Task brief — Using the entries below, output exactly the lines from the one containing "else some (record" through the final line, both included, and no others.

(Records from a dataset)
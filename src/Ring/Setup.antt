-- ===== src/Ring/Setup.antt =====
-- user_src/ntb_profiling.c: how run_rx lays the ring out and how run_tx finds it.
use qemu_ntb_switch.Prelude.{ℕ, Bool, Option, none, some, ◌&&◌, ◌||◌, ltb, ◌==◌, if◌then◌else◌, u32}
use qemu_ntb_switch.Ring.Layout.{
  RingHeader, Ring, ring_magic, ring_version, ring_header_bytes, ring_slot_bytes,
  ntb_ring_max_slot_size, ntb_ring_calc_slot_count,
}

-- `slot_size` of the receiver: its `--chunk`, cut to what the window holds.
unfoldable pub rx_slot_size : ℕ → ℕ → ℕ
rx_slot_size size chunk_size =
    let max_slot_size = ntb_ring_max_slot_size size in
    if ltb max_slot_size chunk_size then max_slot_size else chunk_size

-- The header once its magic number is stored.
unfoldable pub rx_header : ℕ → ℕ → RingHeader
rx_header slot_count slot_size = record {
  magic = ring_magic;
  version = ring_version;
  header_size = ring_header_bytes;
  slot_header_size = ring_slot_bytes;
  slot_count = slot_count;
  slot_size = u32 slot_size;
  flags = 0;
  head = 0;
  tail = 0;
  total_bytes = 0;
  elapsed_ns = 0;
}

-- What run_rx does before it publishes its `size` bytes; it gives up where they are too few.
unfoldable pub rx_setup : ℕ → ℕ → Ring → Option Ring
rx_setup size chunk_size r =
    if chunk_size == 0 || ntb_ring_max_slot_size size == 0
    then none
    else (let slot_size = rx_slot_size size chunk_size in
        let slot_count = ntb_ring_calc_slot_count size slot_size in
        if slot_count == 0
        then none
        else some (record r { header = rx_header slot_count slot_size }))

-- The test on which run_tx takes the window for a fresh ring.
unfoldable pub tx_finds : RingHeader → Bool
tx_finds h =
    h.magic == ring_magic
    && (h.version == ring_version && (h.flags == 0 && (h.head == 0 && h.tail == 0)))

-- The test on which run_tx gives up the ring.
unfoldable pub tx_refuses : ℕ → RingHeader → Bool
tx_refuses chunk_size h = h.slot_count == 0 || (h.slot_size == 0 || ltb h.slot_size chunk_size)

Solution to this exercise —
        else some (record r { header = rx_header slot_count slot_size }))

-- The test on which run_tx takes the window for a fresh ring.
unfoldable pub tx_finds : RingHeader → Bool
tx_finds h =
    h.magic == ring_magic
    && (h.version == ring_version && (h.flags == 0 && (h.head == 0 && h.tail == 0)))

-- The test on which run_tx gives up the ring.
unfoldable pub tx_refuses : ℕ → RingHeader → Bool
tx_refuses chunk_size h = h.slot_count == 0 || (h.slot_size == 0 || ltb h.slot_size chunk_size)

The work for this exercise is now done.